砦を撤退する前に、僧服を着た人物が二人、馬車で駆け付けてきた。
「ロドリック! フリースラント!」
それはベルブルグの副院長と、彼が連れてきたカプトルの大修道院の副院長だった。
「おそろしいことになったものだ。万一を考えて、我々もお力添えをさせていただく」
「坊さんがか? 鐘でも叩くのか?」
ベルブルグの副院長が、無礼な軽口をたたくゼンダの領主をにらみつけた。
「前身が騎士の修道士も多いのじゃ。だが、戦闘に参加させるのは本意ではない。我々が担当するのは、輸送と補給じゃ」
カプトルの副修道院長は、背が低く、小太りで、戦闘には全く不向きそうだったが、説明は極めて明快だった。

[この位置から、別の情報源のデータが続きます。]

-- ===== src/ChapFsm/Frames.antt =====
-- `encode` and `decode` of chap_fsm.rs, and the response that the client builds.
use mac_os_sstp_client.Prelude.{
  ℕ, ◌+◌, ◌-◌, ◌/◌, ◌%◌, ◌<◌, ◌≡◌, ◌⊎◌, refl, ap, ◌∙◌, arith, [], ◌∷◌, ◌++◌, append_assoc,
  append-nil, some, Bytes, of_be16, as_u16, length, take, replicate, take-length, length-append, ok,
}
use mac_os_sstp_client.Prelude.Text.{Str, utf8}
use mac_os_sstp_client.Prelude.Crypto.{Crypto}
use mac_os_sstp_client.Chap.{challenge_response, generate_nt_response}
use mac_os_sstp_client.ChapFsm.{
  Code, response, unknown, code_to_u8, code_from_u8, ChallengeInfo, encode, decode, build_response,
}

-- A value that `from_u8` yields: `Unknown` only on a number without a name.
abbrev pub IsCode : Code → Type 0
IsCode (unknown v) = (v ≡ 0) ⊎ (4 < v)
IsCode _ = Unit {0}

code_from_u8-to_u8 : (c : Code) → IsCode c → code_from_u8 (code_to_u8 c) ≡ c
unfolding code_from_u8 code_to_u8
code_from_u8-to_u8 (unknown v) h = ground arith
code_from_u8-to_u8 _ h = refl

take_payload : (xs ys : Bytes) → take (4 + length xs - 4) (xs ++ ys) ≡ xs
take_payload xs ys = let e : 4 + length xs - 4 ≡ length xs = omega arith in rw e (take-length xs ys)

of_be16-be16 : (n : ℕ) → n < 65536 → of_be16 (as_u16 n / 256) (as_u16 n % 256) ≡ n
of_be16-be16 n h = omega arith

-- A CHAP frame whose length fits 16 bits, and whose code is no `Unknown` of a named number, is
-- decoded to its code, identifier and payload; bytes behind the frame are ignored.
pub chap_decode-encode :
    (c : Code) (id : ℕ) (payload more : Bytes)
    → IsCode c
    → 4 + length payload < 65536
    → decode (encode c id payload ++ more) ≡ some (record { code = c; id = id; payload = payload })
unfolding decode encode
chap_decode-encode c id payload more hc h =
    rw (of_be16-be16 (4 + length payload) h, take_payload payload more, code_from_u8-to_u8 c hc)
      (ground (arith, length-append payload more))

three_blocks :
    (x y z : Bytes) → length x ≡ 8 → length y ≡ 8 → length z ≡ 8 → length (x ++ (y ++ z)) ≡ 24
three_blocks x y z hx hy hz = omega (arith, length-append x (y ++ z), length-append y z)

pub length-generate_nt_response :
    (c : Crypto) (auth_challenge peer_challenge : Bytes) (username password : Str)
    → length (generate_nt_response c auth_challenge peer_challenge username password) ≡ 24
unfolding generate_nt_response challenge_response
length-generate_nt_response c auth_challenge peer_challenge username password =
    three_blocks _ _ _ (c.length-des _ _) (c.length-des _ _) (c.length-des _ _)

-- The payload of a response: the value size 49, the peer challenge, 8 zeros, the NT response, a
-- zero flag byte, and the user name.
abbrev pub response_payload : Bytes → Bytes → Str → Bytes
response_payload peer_challenge nt_response username =
    49 ∷ peer_challenge ++ (replicate 8 0 ++ (nt_response ++ (0 ∷ utf8 username)))

value_size :
    (peer_challenge nt : Bytes)
    → length peer_challenge ≡ 16
    → length nt ≡ 24
    → length (peer_challenge ++ (replicate 8 0 ++ (nt ++ 0 ∷ []))) ≡ 49
value_size peer_challenge nt hp hn =
    let zeros : Bytes = replicate 8 0 in
    omega (
      arith,
      length-append peer_challenge (zeros ++ (nt ++ 0 ∷ [])),
      length-append zeros (nt ++ 0 ∷ []),
      length-append nt (0 ∷ []),
    )

regroup :
    (peer_challenge nt name : Bytes)
    → (peer_challenge ++ (replicate 8 0 ++ (nt ++ 0 ∷ []))) ++ name
      ≡ peer_challenge ++ (replicate 8 0 ++ (nt ++ (0 ∷ name)))
regroup peer_challenge nt name =
    let zeros : Bytes = replicate 8 0 in
    append_assoc peer_challenge (zeros ++ (nt ++ 0 ∷ [])) name
    ∙ ap (λ xs. peer_challenge ++ (zeros ++ xs)) (append_assoc nt (0 ∷ []) name)

length-response_payload :
    (peer_challenge nt : Bytes) (username : Str)
    → length peer_challenge ≡ 16
    → length nt ≡ 24
    → length (response_payload peer_challenge nt username) ≡ 50 + length (utf8 username)
length-response_payload peer_challenge nt username hp hn =
    let zeros : Bytes = replicate 8 0 in
    let rest : Bytes = 0 ∷ utf8 username in
    omega (
      arith,
      length-append peer_challenge (zeros ++ (nt ++ rest)),
      length-append zeros (nt ++ rest),
      length-append nt rest,
    )

-- To a challenge of 16 bytes, with a peer challenge of 16 bytes and a user name that fits the
-- frame, the client builds a Response frame with the challenge's identifier, the value size 49,
-- the peer challenge, 8 zeros, the 24 bytes of the NT response, a zero flag byte and the user name
-- in UTF-8; the frame is decoded to just this. The client keeps the peer challenge and that NT
-- response.
pub build_response_lem :
    (c : Crypto) (peer_challenge : Bytes) (info : ChallengeInfo) (username password : Str)
    → length info.value ≡ 16
    → length peer_challenge ≡ 16
    → 54 + length (utf8 username) < 65536
    → let nt = generate_nt_response c info.value peer_challenge username password in
      let payload = response_payload peer_challenge nt username in
      let wire = encode response info.id payload in
      (build_response c peer_challenge info username password
        ≡ ok (wire, record { peer_challenge = peer_challenge; nt_response = nt }))
      × (decode wire ≡ some (record { code = response; id = info.id; payload = payload }))
      × (length nt ≡ 24)
unfolding build_response
build_response_lem c peer_challenge info username password hv hp hu =
    let nt = generate_nt_response c info.value peer_challenge username password in
    let payload = response_payload peer_challenge nt username in
    let hn = length-generate_nt_response c info.value peer_challenge username password in
    let size = length-response_payload peer_challenge nt username hp hn in
    (
      rw (hv, value_size peer_challenge nt hp hn, regroup peer_challenge nt (utf8 username)) refl,
      rw (← append-nil (encode response info.id payload))
          (chap_decode-encode response info.id payload [] tt (omega (arith, size))),
      hn,
    )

「つまり、津々浦々に修道院はある。ロンゴバルトの宗教は我々とは相いれない。とにかく、連中は、我々の顔さえ見ると、粛清にかかるのでな。とてもつきあえん」
「だから、輸送と補給については、繋がりの強い修道院を大いにあてにしてもらおうと」
「俺は教会と修道院は業突く張りの商売人だとばっかり思っていたよ」
ゼンダの領主がからかった。
「何を失礼な。業突く張りではない。立派に商売人として通用する、物わかりのいい修道院ばかりじゃ。でなくて、どうやって、あれだけの数の修道士を食わせて修行に専念させることができると言うのじゃ」
「なるほどね」
ゼンダの領主はからかうような態度だったが、その場にいた貴族たち全員が修道院とは多少なりとも付き合いがあった。
当然である。領地で採れた穀物や畜産品などは商人に売られることもあったが、修道院に売られたり、修道院から物を買うことだってあった。
「私の城の近くの修道院は、しょっちゅう寄付のお願いに来るのだが」
ラトマン殿がからかうような口調で口をはさんだが、ロドリックが言った。
「いずれも大修道院だ。ぜひ、お力をお借りしよう。我々は貴族全体ではない。手の届かない地方も多い。そして、南の地方は、今もまだ、ロンゴバルトの脅威にさらされている」
彼らは一旦、布陣を解き、それぞれの領地に戻ることになった。
「そんなに長くこの状態は保たないと思っている」
彼は言った。
砦から最後に出るのはレイビック伯爵と決まった。最大人数だったからだ。ゼンダの領主は、レイビック伯爵の城に招待された。今後を一緒に検討したいとレイビック伯が希望したからだ。
砦を発ち、レイビックを目指す日の前の晩、テンセスト女伯は、フリースラントとロドリックを集めた。それまで、どうしても三人きりになることができなかったからだ。